# Pellets



## knockmoreben (Nov 28, 2013)

Bear mountain pellets sponsorship, oh yes! Uk supplier you hear me cry? I need info if anybody has it! Lol :yahoo:


----------



## kc5tpy (Dec 2, 2013)

Hello Ben.  I am not sure if you are asking if we know of a supplier or are you saying you are trying to/ want to become a supplier?

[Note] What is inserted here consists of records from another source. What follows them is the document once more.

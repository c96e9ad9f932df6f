-- ===== src/Ingestion/Orchestrator.antt =====
-- `IngestionOrchestrator` (src/domain/ingestion.rs): what it holds and calls, the state that its
-- methods change, and the methods that hand a call on. The clock, the standard library's hash of a
-- text, how many file operations of a snapshot succeed, and the order in which parallel tasks make
-- their calls are fields.
use bitcoin_chain_graph.Common.{ℕ, ◌*◌, ◌%◌, ◌^◌, Bool, List, Option, none, some, if◌then◌else◌}
use bitcoin_chain_graph.Common.Result.{ok}
use bitcoin_chain_graph.Common.Int.{ℤ}
use bitcoin_chain_graph.Common.Exec.{Exec, ◌>>=◌, ◌>>◌, return}
use bitcoin_chain_graph.Writer.Error.{WriterError}
use bitcoin_chain_graph.Writer.Data.{Text, CheckpointData}
use bitcoin_chain_graph.Writer.Graph.{GraphWriter}
use bitcoin_chain_graph.Utxo.Lru.{LruCrate}
use bitcoin_chain_graph.Utxo.Cache.{UtxoCache}
use bitcoin_chain_graph.Utxo.File.{Crc32, Disk, save_to_file}
use bitcoin_chain_graph.Parser.Bitcoin.{BitcoinCrate}
use bitcoin_chain_graph.Ingestion.Buckets.{Task}
use bitcoin_chain_graph.Ingestion.Conversions.{F64}

pub record Orchestrator : Type 1 where
  pub bitcoin : BitcoinCrate
  pub f64 : F64
  pub lru : LruCrate
  pub crc : Crc32
  pub network : bitcoin.Network
  pub max_transaction_memory_bytes : ℕ
  -- Whether a snapshot path is set.
  pub cache_snapshot_path : Bool
  pub string_hash : Text → ℕ
  pub now : ℤ
  -- By the height of a snapshot, how many of its file operations succeed.
  pub saves : ℕ → ℕ
  -- The bucket that makes the next call, while the tasks of a chunk run.
  pub schedule : List ℕ

-- The database, the cache, the disk with the snapshot file, and the tasks that nobody awaits: they
-- were spawned, and the chunk returned an error before their turn.
pub record State (O : Orchestrator) (W : GraphWriter) : Type 0 where
  pub db : W.Db
  pub cache : UtxoCache O.lru.LruCache
  pub disk : Disk
  pub detached : List Task

module _ (O : Orchestrator) (W : GraphWriter) where
  -- A call of the database.
  abbrev pub on_db : {A : Type 0} → Exec W.Db WriterError A → Exec (State O W) WriterError A
  on_db m s = let (db', result) = m s.db in (record s { db = db' }, result)

  -- An operation of the cache that cannot fail.
  abbrev pub on_cache :
      (UtxoCache O.lru.LruCache → UtxoCache O.lru.LruCache) → Exec (State O W) WriterError Unit
  on_cache f s = (record s { cache = f s.cache }, ok tt)

  -- A failed save is only logged.
  unfoldable pub try_save_snapshot : ℕ → State O W → State O W
  unfolding save_to_file
  try_save_snapshot height s =
      if O.cache_snapshot_path
      then (record s { disk = (save_to_file O.crc O.lru (O.saves height) s.cache height s.disk).0 })
      else s

  -- `if self.writer.get_checkpoint().await?.is_none()`.
  unfoldable pub create_missing : Option CheckpointData → Exec W.Db WriterError Unit
  create_missing none = W.create_checkpoint
  create_missing (some c) = return tt

  unfoldable pub init_schema : Exec W.Db WriterError Unit
  unfolding create_missing
  init_schema = W.init_schema >> (W.get_checkpoint >>= create_missing)

  unfoldable pub with_max_transaction_memory_mb : ℕ → Orchestrator
  with_max_transaction_memory_mb mb = record O {
    max_transaction_memory_bytes = (mb * 1024 * 1024) % 2 ^ 64;
  }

One thing I do hate is an unanswered question.  I feel like we have let someone down.  I guess we can't answer them all; I don't mind saying I don't know, but I do feel we should try to help.  So I guess I'm as dumb as a bag of rocks but if you tell me what you are looking for I'll certainly help you look.  Good luck.

Danny


----------



## knockmoreben (Dec 2, 2013)

Danny,

No Danny defo don't want to become a supplier, but I was finding it hard to get a supplier in uk but got it sorted thanks to SMFUK.  It usually costs more than the pellets to get them over to ireland but what do you do?! Worth it I suppose.

Anyway thanks for the concern

Keep smoking


----------



## kc5tpy (Dec 2, 2013)

Hello Ben.  Glad it is sorted.  Would you mind sharing the supplier you found?  Keep Smokin!

Danny


----------